*** Records supplied ***

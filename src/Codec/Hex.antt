-- ===== src/Codec/Hex.antt =====
-- src/codec.rs and src/transport/ascii.rs: the two hexadecimal digits of a byte, written and read.
use oms_modbus.Base.{
  ℕ, ◌+◌, ◌-◌, ◌*◌, ◌%◌, ◌^◌, ◌<◌, ◌≡◌, refl, Bool, true, ◌&&◌, not, Option, none, some, arith,
}
use oms_modbus.Base.{
  List, [], ◌∷◌, ◌++◌, if◌then◌else◌, leb, ltb, ◌==◌, bit_or, get_or, length, append_assoc, All,
  All-append,
}
use oms_modbus.Base.Ranges.{all_below, all_below_sound, and_left, and_right}
use oms_modbus.Frame.Wire.{IsByte}
use oms_modbus.Codec.{hex_encode_byte, hex_encode, cr}

-- `nibble`: `none` is the source's error.
unfoldable pub nibble : ℕ → Option ℕ
nibble c =
    if leb b'0' c && leb c b'9'
    then some (c - b'0')
    else if leb b'A' c && leb c b'F'
    then some (c - b'A' + 10)
    else if leb b'a' c && leb c b'f'
    then some (c - b'a' + 10)
    else none

abbrev pub join_nibbles : Option ℕ → Option ℕ → Option ℕ
join_nibbles none lo = none
join_nibbles (some h) none = none
join_nibbles (some h) (some l) = some (bit_or (h * 2 ^ 4 % 2 ^ 8) l)

-- `hex_decode_byte`
unfoldable pub hex_decode_byte : ℕ → ℕ → Option ℕ
hex_decode_byte hi lo = join_nibbles (nibble hi) (nibble lo)

abbrev pub cons_byte : Option ℕ → Option (List ℕ) → Option (List ℕ)
cons_byte none bytes = none
cons_byte (some b) none = none
cons_byte (some b) (some bytes) = some (b ∷ bytes)

abbrev same_option : Option ℕ → ℕ → Bool
same_option none b = not (b == b)
same_option (some a) b = a == b

abbrev first_digit : ℕ → ℕ
first_digit b = get_or (hex_encode_byte b) 0 0

abbrev second_digit : ℕ → ℕ
second_digit b = get_or (hex_encode_byte b) 1 0

digit_table :
    all_below 256 (λ b. same_option (hex_decode_byte (first_digit b) (second_digit b)) b) ≡ true
unfolding all_below hex_decode_byte nibble hex_encode_byte
digit_table = refl

text_table : all_below 256 (λ b. ltb cr (first_digit b) && ltb cr (second_digit b)) ≡ true
unfolding all_below hex_encode_byte
text_table = refl

same_option-eq : (o : Option ℕ) (b : ℕ) → same_option o b ≡ true → o ≡ some b
same_option-eq none b h = absurd (ground arith)
same_option-eq (some a) b h = ground arith

-- The two digits of a byte read back as that byte.
hex_decode-encode : (b : ℕ) → b < 256 → hex_decode_byte (first_digit b) (second_digit b) ≡ some b
hex_decode-encode b h = same_option-eq _ b (
    all_below_sound 256 (λ t. same_option (hex_decode_byte (first_digit t) (second_digit t)) t) b
      digit_table h)

ltb-lt : (a b : ℕ) → ltb a b ≡ true → a < b
ltb-lt a b h = ground arith

-- Neither digit is a carriage return or a line feed.
digits_are_text : (b : ℕ) → b < 256 → (cr < first_digit b) × (cr < second_digit b)
digits_are_text b h =
    let both : (ltb cr (first_digit b) && ltb cr (second_digit b)) ≡ true =
      all_below_sound 256 (λ t. ltb cr (first_digit t) && ltb cr (second_digit t)) b text_table h in
    (ltb-lt _ _ (and_left _ _ both), ltb-lt _ _ (and_right _ _ both))

-- The `chunks(2)` loop over hexadecimal digits: `none` where one is none.
unfoldable pub decode_pairs : List ℕ → Option (List ℕ)
decode_pairs [] = some []
decode_pairs (c ∷ []) = none
decode_pairs (hi ∷ lo ∷ rest) = cons_byte (hex_decode_byte hi lo) (decode_pairs rest)

hex_encode_byte-digits : (b : ℕ) → hex_encode_byte b ≡ first_digit b ∷ second_digit b ∷ []
unfolding hex_encode_byte
hex_encode_byte-digits b = refl

pub decode_pairs-hex_encode_byte :
    (b : ℕ) (rest : List ℕ)
    → b < 256
    → decode_pairs (hex_encode_byte b ++ rest) ≡ cons_byte (some b) (decode_pairs rest)
unfolding decode_pairs hex_encode_byte
decode_pairs-hex_encode_byte b rest h = rw (hex_decode-encode b h)

pub decode_pairs-hex_encode :
    (data_ : List ℕ) (rest tail : List ℕ)
    → All IsByte data_
    → decode_pairs rest ≡ some tail
    → decode_pairs (hex_encode data_ ++ rest) ≡ some (data_ ++ tail)
unfolding hex_encode
decode_pairs-hex_encode [] rest tail h e = e
decode_pairs-hex_encode (b ∷ data_) rest tail h e =
    rw
      (
        append_assoc (hex_encode_byte b) (hex_encode data_) rest,
        decode_pairs-hex_encode_byte b (hex_encode data_ ++ rest) h.0,
        decode_pairs-hex_encode data_ rest tail h.1 e,
      )
      refl

pub hex_encode_byte-IsText : (b : ℕ) → b < 256 → All (λ c. cr < c) (hex_encode_byte b)
unfolding hex_encode_byte
hex_encode_byte-IsText b h =
    let (one, two) = digits_are_text b h in unfold hex_encode_byte in (one, (two, tt))

pub hex_encode-IsText : (data_ : List ℕ) → All IsByte data_ → All (λ c. cr < c) (hex_encode data_)
unfolding hex_encode
hex_encode-IsText [] h = tt
hex_encode-IsText (b ∷ data_) h =
    All-append (λ c. cr < c) (hex_encode_byte b) (hex_encode data_) (hex_encode_byte-IsText b h.0)
      (hex_encode-IsText data_ h.1)

pub length-hex_encode : (data_ : List ℕ) → length (hex_encode data_) ≡ length data_ * 2
unfolding hex_encode hex_encode_byte
length-hex_encode [] = refl
length-hex_encode (b ∷ data_) = omega (arith, length-hex_encode data_)

pub length-hex_encode_byte : (b : ℕ) → length (hex_encode_byte b) ≡ 2
unfolding hex_encode_byte
length-hex_encode_byte b = refl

*** End of Records supplied ***

- _Problem requirements_
Reproduce exactly, and only, the part of the listing above that begins at the line with "pub hex_encode_byte-IsText : (b" and goes on through the line with "let (one, two)".

- _Exercise solution_
pub hex_encode_byte-IsText : (b : ℕ) → b < 256 → All (λ c. cr < c) (hex_encode_byte b)
unfolding hex_encode_byte
hex_encode_byte-IsText b h =
    let (one, two) = digits_are_text b h in unfold hex_encode_byte in (one, (two, tt))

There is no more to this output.